=== RECORD EXCERPTS ===
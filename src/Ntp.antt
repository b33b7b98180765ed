-- ===== src/Ntp.antt =====
-- src/ntp/ntp_client.cpp and ntp_client.h as built for ESP_PLATFORM, over the SNTP service of
-- ESP-IDF. The system clock that time() reads is the argument `now`, in seconds.
pub mod Desktop
pub mod Runs
pub mod Format
mod Tests
use ungula_lib_net.Calendar.{gmtime, strftime}
use ungula_lib_net.Base.{
  ℕ, suc, ◌+◌, ◌-◌, ◌*◌, Bool, true, false, not, ◌&&◌, List, [], Option, none, some, ltb, ◌==◌,
  if◌then◌else◌, u32,
}

-- Signed numbers, for an offset and for a local time, which may lie before 1970.
pub data ℤ : Type 0 where
  pos negsuc : ℕ → ℤ

abbrev pub sub_nat : ℕ → ℕ → ℤ
sub_nat m n = if ltb m n then negsuc (n - m - 1) else pos (m - n)

infix 50 ◌+ℤ◌
abbrev pub ◌+ℤ◌ : ℤ → ℤ → ℤ
pos m +ℤ pos n = pos (m + n)
pos m +ℤ negsuc n = sub_nat m (suc n)
negsuc m +ℤ pos n = sub_nat n (suc m)
negsuc m +ℤ negsuc n = negsuc (suc (m + n))

pub record NtpConfig : Type 0 where
  pub server : List ℕ
  pub fallback_server : Option (List ℕ)
  pub utc_offset_seconds : ℤ
  pub sync_interval_sec : ℕ

-- The calls of esp_sntp; a server is named in a slot, and the interval is in milliseconds.
pub record Sntp (D : Type 0) : Type 0 where
  pub set_poll_mode : D → D
  pub set_server_name : ℕ → List ℕ → D → D
  pub set_sync_interval : ℕ → D → D
  pub sntp_init : D → D
  pub sntp_stop : D → D

-- The static variables, with the service.
pub record NtpClient (D : Type 0) : Type 0 where
  pub sntp : D
  pub utc_offset : ℤ
  pub initialised : Bool

-- 2020-01-01 00:00:00 UTC.
abbrev pub year_2020 : ℕ
year_2020 = 1577836800

module _ {D : Type 0} where
  unfoldable pub ntp_is_synced : ℕ → NtpClient D → Bool
  ntp_is_synced now n = n.initialised && ltb year_2020 now

  unfoldable pub ntp_epoch : ℕ → NtpClient D → ℕ
  ntp_epoch now n = if ltb now year_2020 then 0 else now

  unfoldable pub ntp_local_epoch : ℕ → NtpClient D → ℤ
  unfolding ntp_epoch
  ntp_local_epoch now n =
      let utc = ntp_epoch now n in if utc == 0 then pos 0 else pos utc +ℤ n.utc_offset

-- The seconds from 1570 to 1970, a cycle of 146097 days.
abbrev pub cycle : ℕ
cycle = 12622780800

abbrev pub since_1570 : ℤ → ℕ
since_1570 (pos n) = cycle + n
since_1570 (negsuc n) = cycle - suc n

abbrev pub is_zero_time : ℤ → Bool
is_zero_time (pos n) = n == 0
is_zero_time (negsuc n) = false

module _ {D : Type 0} where
  -- The text in the buffer, whose length is returned; it is empty where 0 is.
  unfoldable pub ntp_format_local : ℕ → ℕ → NtpClient D → List ℕ
  ntp_format_local size now n =
      let local = ntp_local_epoch now n in
      if ltb size 20
      then []
      else if is_zero_time local
      then []
      else strftime size (gmtime (since_1570 local))

module _ {D : Type 0} ⦃s : Sntp D⦄ where
  abbrev pub set_fallback : Option (List ℕ) → D → D
  set_fallback none d = d
  set_fallback (some name) d = s.set_server_name 1 name d

  unfoldable pub ntp_init : NtpConfig → NtpClient D → NtpClient D
  ntp_init config n =
      if n.initialised
      then n
      else (let d1 = s.set_server_name 0 config.server (s.set_poll_mode n.sntp) in
          let d2 = set_fallback config.fallback_server d1 in
          let d3 = s.set_sync_interval (u32 (config.sync_interval_sec * 1000)) d2 in
          record n {
            sntp = s.sntp_init d3;
            utc_offset = config.utc_offset_seconds;
            initialised = true;
          })

  unfoldable pub ntp_stop : NtpClient D → NtpClient D
  ntp_stop n =
      if n.initialised then record n { sntp = s.sntp_stop n.sntp; initialised = false } else n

=== DIRECTIONS ===
Where the line holding "pub sntp_init : D → D" appears in the listing above, start reproducing exactly, and end with the line holding "-- The text".

=== EXPECTED OUTPUT ===
  pub sntp_init : D → D
  pub sntp_stop : D → D

-- The static variables, with the service.
pub record NtpClient (D : Type 0) : Type 0 where
  pub sntp : D
  pub utc_offset : ℤ
  pub initialised : Bool

-- 2020-01-01 00:00:00 UTC.
abbrev pub year_2020 : ℕ
year_2020 = 1577836800

module _ {D : Type 0} where
  unfoldable pub ntp_is_synced : ℕ → NtpClient D → Bool
  ntp_is_synced now n = n.initialised && ltb year_2020 now

  unfoldable pub ntp_epoch : ℕ → NtpClient D → ℕ
  ntp_epoch now n = if ltb now year_2020 then 0 else now

  unfoldable pub ntp_local_epoch : ℕ → NtpClient D → ℤ
  unfolding ntp_epoch
  ntp_local_epoch now n =
      let utc = ntp_epoch now n in if utc == 0 then pos 0 else pos utc +ℤ n.utc_offset

-- The seconds from 1570 to 1970, a cycle of 146097 days.
abbrev pub cycle : ℕ
cycle = 12622780800

abbrev pub since_1570 : ℤ → ℕ
since_1570 (pos n) = cycle + n
since_1570 (negsuc n) = cycle - suc n

abbrev pub is_zero_time : ℤ → Bool
is_zero_time (pos n) = n == 0
is_zero_time (negsuc n) = false

module _ {D : Type 0} where
  -- The text in the buffer, whose length is returned; it is empty where 0 is.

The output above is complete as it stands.